A Story About A Dedushka

I recognized somebody on a bus today. He’s an old man that I first saw in a bookstore called “Derigible.” David, James, Kaye, and I were there looking at books, huddled around the manga section of the bookstore discussing Doctor Who, Full Metal Alchemist, and general nerdom. (I ended up buying the first Fruits Basket book and The Hunger Games, which, as far as I can tell, translates to The Hungry Games in Russian.) After I bought the books on the second floor, I went up to the third floor to buy notebooks and folders for my classes. (Almost all the notebooks here are filled with graph paper, which seemed strange at first but is quickly growing on me. The covers are all sorts of decorative, and I found myself drawn to the ones decorated in a Japanese style, but it just felt wrong to buy Japanesly-decorated things since I was in Russia studying Russian.) I got in the immensely long line to pay for things, which is where the man from the bus shows up (actually, he’s really the man from the bookstore, since that’s where I saw him first, but whatever). He cut to the front of the line, three people ahead of me, to ask the cashier a long, drawling question about some sort of paper. He leaned his right forearm on the counter, angled toward the rest of the line. He dangled a cane from his hands that matched his tan suit jacket. He  talked so slowly to the cashier, I found my interested. If I could ever work up the gall to cut eight people in line, I would try and make that moment as short as possible by speaking quickly and clearly. But he leaned so casually, spoke so slowly. I was curious, especially about his periodically jerking left arm. It was only a twitch, really, but every few seconds or  so, his bent elbow would fly out a little; he was like a bird who couldn’t quite settle his wings. I immediately imagined all sorts of glorious explanations for the twitch. An old war wound most likely. Maybe a piece of shrapnel in just the wrong nerve cluster, and now the war follows him around constantly, ruffling his feathers. Then I decided I was being frivolous and that it was probably from a car crash or something else as equally mundane and mortal, and the man stepped out of line to find his paper.

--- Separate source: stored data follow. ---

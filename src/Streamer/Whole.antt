-- ===== src/Streamer/Whole.antt =====
-- `diskstreamer_read` of disk/streamer.c as a whole.
use peach_os64bit_module_two.Common.{
  ℕ, suc, ◌+◌, ◌-◌, ◌*◌, ◌/◌, ◌%◌, ◌^◌, ltb, ◌<◌, ◌≤◌, ◌≡◌, ◌≢◌, ◌⊎◌, inl, inr, refl, true, false,
  arith, ◌==◌, if◌then◌else◌, ap, ◌∙◌, sym, subst, Bool-cases,
}
use peach_os64bit_module_two.Status.{Result}
use peach_os64bit_module_two.Memory.{Mem}
use peach_os64bit_module_two.Memory.Laws.{within}
use native.Mathlib.Nat.{
  mod-lt, div-add-mod, mul-div_right, le_of_mul-le-mul_left, div-le_of_le-mul, div-lt_iff_lt-mul,
  mul-mod_right, mul-le-mul_left, mul-add,
}
use peach_os64bit_module_two.Streamer.{
  Stream, copy_loop, starting_sector, aligned_up, read_loop, diskstreamer_read,
}
use peach_os64bit_module_two.Streamer.Read.{
  copy_loop_lem, Delivers, Serves, round_lem, read_none, read_loop-Delivers,
}

pub starting_lem : (pos size : ℕ) → 0 < size → starting_sector pos size ≡ pos / size
starting_lem pos size some = elim (Bool-cases (pos % size == 0)) [
  | inl aligned ↦ ground (arith, aligned)
  | inr inside ↦
      let down : pos - pos % size ≡ size * (pos / size) = omega (arith, div-add-mod pos size) in
      ground (arith, inside, ap (λ p. p / size) down, mul-div_right (pos / size) some)
]

aligned_up-inside :
    (final size : ℕ)
    → 0 < size
    → (final % size == 0) ≡ false
    → aligned_up final size / size ≡ final / size + 1
aligned_up-inside final size some inside =
    let up : final + (size - final % size) ≡ size * (final / size + 1) =
      omega (arith, div-add-mod final size, mod-lt final some) in
    let sector : (final + (size - final % size)) / size ≡ final / size + 1 =
      ap (λ p. p / size) up ∙ mul-div_right (final / size + 1) some in
    ground (arith, inside, sector)

-- The last sector that is read begins at the end of the bytes, or behind it.
pub ending_lem : (final size : ℕ) → 0 < size → final ≤ size * (aligned_up final size / size)
ending_lem final size some = elim (Bool-cases (final % size == 0)) [
  | inl aligned ↦ ground (arith, aligned, div-add-mod final size)
  | inr inside ↦
      rw (aligned_up-inside final size some inside)
        (omega (arith, div-add-mod final size, mod-lt final some))
]

-- It is a whole number of sectors.
pub aligned_up-sectors :
    (final size : ℕ) → 0 < size → aligned_up final size ≡ size * (aligned_up final size / size)
aligned_up-sectors final size some = elim (Bool-cases (final % size == 0)) [
  | inl aligned ↦ ground (arith, aligned, div-add-mod final size)
  | inr inside ↦
      rw (aligned_up-inside final size some inside)
        (ground (arith, inside, div-add-mod final size, mod-lt final some))
]

-- It is not behind one that the bytes do not go beyond.
pub aligned_up-bound :
    (final size last : ℕ) → 0 < size → final ≤ size * last → aligned_up final size / size ≤ last
aligned_up-bound final size last some bound = elim (Bool-cases (final % size == 0)) [
  | inl aligned ↦ ground (arith, aligned, div-le_of_le-mul size bound)
  | inr inside ↦
      let short : final ≢ size * last =
        λ e. ground (arith, inside, ap (λ n. n % size) e, mul-mod_right size last) in
      let before : final / size < last = (div-lt_iff_lt-mul some).1 (omega (arith, short, bound)) in
      rw (aligned_up-inside final size some inside) (omega (arith, before))
]

module _ {A : Type 0} (fetch : A → ℕ → Result (ℕ → ℕ) × A) (disk : ℕ → ℕ) (stream : Stream)
    (count : ℕ) (serves : Serves fetch disk stream.sector_size count)
    (some : 0 < stream.sector_size) where
  -- The sectors that a read asks for.
  abbrev pub last_sector : ℕ → ℕ
  last_sector total = aligned_up (stream.pos + total) stream.sector_size / stream.sector_size

  -- The end of the read is an `int`.
  end_in_int :
      (total : ℕ)
      → last_sector total < count
      → ltb (aligned_up (stream.pos + total) stream.sector_size) (2 ^ 31) ≡ true
  end_in_int total bound =
      let size : ℕ = stream.sector_size in
      let last : ℕ = last_sector total in
      let more : size * (last + 1) ≤ size * count = mul-le-mul_left size (omega (arith, bound)) in
      ground (
        arith,
        aligned_up-sectors (stream.pos + total) size some,
        more,
        serves.in_int,
        mul-add size last 1,
        some,
      )

  first_last : (total : ℕ) → stream.pos / stream.sector_size ≤ last_sector total
  first_last total =
      le_of_mul-le-mul_left
        (omega (
          arith,
          div-add-mod stream.pos stream.sector_size,
          ending_lem (stream.pos + total) stream.sector_size some,
        ))
        some

  -- Where the cache and the disk give every sector up to the one at which the bytes end, and those
  -- lie below 2 GiB, a read of
  -- at least a sector, or of bytes within one sector, succeeds, puts exactly the bytes of the disk
  -- from the position on at its output, and moves the position behind them.
  pub diskstreamer_read-Delivers :
      (st : A) (m : Mem) (out total : ℕ)
      → last_sector total < count
      → (stream.sector_size ≤ total)
        ⊎ (stream.pos % stream.sector_size + total ≤ stream.sector_size)
      → Delivers disk stream m out total (diskstreamer_read fetch st stream m out total)
  unfolding diskstreamer_read
  diskstreamer_read-Delivers st m out total bound whole =
      let size : ℕ = stream.sector_size in
      let first : ℕ = stream.pos / size in
      let rounds : ℕ = last_sector total + 1 - first in
      let order = first_last total in
      let end = ending_lem (stream.pos + total) size some in
      let all : first + rounds ≡ last_sector total + 1 = omega (arith, order) in
      let parts = div-add-mod stream.pos size in
      let enough : size * first + stream.pos % size + total ≤ size * (first + rounds) =
        rw all (omega (arith, parts, end)) in
      rw (starting_lem stream.pos size some, end_in_int total bound)
        (read_loop-Delivers fetch disk size count serves some rounds first st stream m out total
          (stream.pos % size) refl (sym parts) (mod-lt stream.pos some) whole enough
          (omega (arith, all, bound)))

  -- The buffer of the first sector, read as a disk on which it begins at the position.
  abbrev only_buffer : A → ℕ → ℕ
  only_buffer st p =
      serves.buffer st (stream.pos / stream.sector_size)
        (stream.pos % stream.sector_size + (p - stream.pos))

  abbrev only_found : (st : A) → Serves fetch (only_buffer st) 0 count
  only_found st = record {
    buffer = serves.buffer;
    found = serves.found;
    in_int = omega arith;
    content = λ st' i j _ lt. absurd (omega (arith, lt));
  }

  first_only :
      (st : A) (m : Mem) (out total rounds : ℕ)
      → total < stream.sector_size
      → stream.pos / stream.sector_size + suc rounds ≤ count
      → Delivers
          (only_buffer st)
          stream
          m
          out
          total
          (read_loop fetch (suc rounds) (stream.pos / stream.sector_size) st stream m out total)
  first_only st m out total rounds small bound =
      let size : ℕ = stream.sector_size in
      let first : ℕ = stream.pos / size in
      let whole_total : total + 0 ≡ total = omega arith in
      let copied : (a : ℕ)
          → copy_loop total m out (serves.buffer st first) (stream.pos % size) 0 a
            ≡ (if within out total a then only_buffer st (stream.pos + (a - out)) else m a) =
        λ a.
          let place : stream.pos % size + (0 + (a - out))
              ≡ stream.pos % size + (stream.pos + (a - out) - stream.pos) =
            omega arith in
          ground (
            arith,
            copy_loop_lem total m out (serves.buffer st first) (stream.pos % size) 0 a,
            ap (serves.buffer st first) place,
          ) in
      subst
        (λ k.
          Delivers (only_buffer st) stream m out k
            (read_loop fetch (suc rounds) first st stream m out k))
        whole_total
        (round_lem fetch (only_buffer st) 0 count (only_found st) rounds first st stream m out total
          0 (omega (arith, bound)) (ground (arith, small)) copied
          (read_none fetch (only_buffer st) 0 count (only_found st) rounds (first + 1)
            (fetch st first).1 (record stream { pos = stream.pos + total }) _ (out + total) some
            (omega (arith, bound))))

  -- A read of less than a sector takes all its bytes from the buffer of the first sector: where it
  -- runs over the end of that sector, those behind it in the buffer, and none of the next sector.
  pub diskstreamer_read-crossing :
      (st : A) (m : Mem) (out total : ℕ)
      → last_sector total < count
      → total < stream.sector_size
      → (j : ℕ) → j < total
      → (diskstreamer_read fetch st stream m out total).2 (out + j)
        ≡ serves.buffer st (stream.pos / stream.sector_size) (stream.pos % stream.sector_size + j)
  unfolding diskstreamer_read
  diskstreamer_read-crossing st m out total bound small j lt =
      let size : ℕ = stream.sector_size in
      let first : ℕ = stream.pos / size in
      let rounds : ℕ = last_sector total - first in
      let order = first_last total in
      let split : last_sector total + 1 - first ≡ suc rounds = omega (arith, order) in
      let d = first_only st m out total (rounds) small (omega (arith, order, bound)) in
      let there : within out total (out + j) ≡ true = ground (arith, lt) in
      let place : stream.pos % size + (stream.pos + (out + j - out) - stream.pos)
          ≡ stream.pos % size + j =
        omega arith in
      rw (starting_lem stream.pos size some, end_in_int total bound, split)
        (ground (arith, d.bytes (out + j), there, ap (serves.buffer st first) place))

But he was back five minutes later, just as I was stepping up to the register, with a stack of printer paper and more questions. He wanted to know something about the paper he had, maybe if it was the only option or maybe if there was another stack in better condition. The he wanted a drawing compass, and those are kept behind the cashier’s desk with all the pens. The cashier found one in a plastic sleeve for him, and he examined it, speaking slow Russian the whole time. She eventually brought out another one in a plastic case, being sure to tell him that they didn’t come with graphite. He decided on the second one, and then the cashier checked him out right then. He didn’t even have to wait in line! I kept looking at the long line behind me, but no one even look slightly disgruntled (well, any more disgruntled than your average Russian pedestrian). I wonder if Dedushkas are allowed to cut to the front of lines here. Or maybe his war wound gave him special privileges. And then I remembered that it probably wasn’t a war wound and wondered what it would be like to have people assume upon meeting you that you were a hero. What if you really weren’t? Then I decided that I was some day going to write a piercing, psychological short story about a man who has a wound that everyone believes is from the war but really isn’t, so he harbors some sort of guilt over the whole thing. The characters you can meet on the Russian streets.

And I met this same man on the bus just the other day. He sat down, and I suddenly, immediately certain it was him, wearing a brown suit jacket with matching pants this time, a black turtleneck and shoes, and a black umbrella instead of a cane. The same peppery white hair, the same twitching left arm. And I wondered at the probability of meeting the same, random person in two very different places in a very large city within a few days. At the probability of even recognizing them the second time.  And then  the man stood up and said something to me, me,  in his slow Russian and I just gaped at him. He said it again, and Rebecca leaned over and said, “He wants to know if this is your stop.” I shook my head as the bus doors clanged open. I stepped out of the way as he stepped into the streets. Isn’t that just something?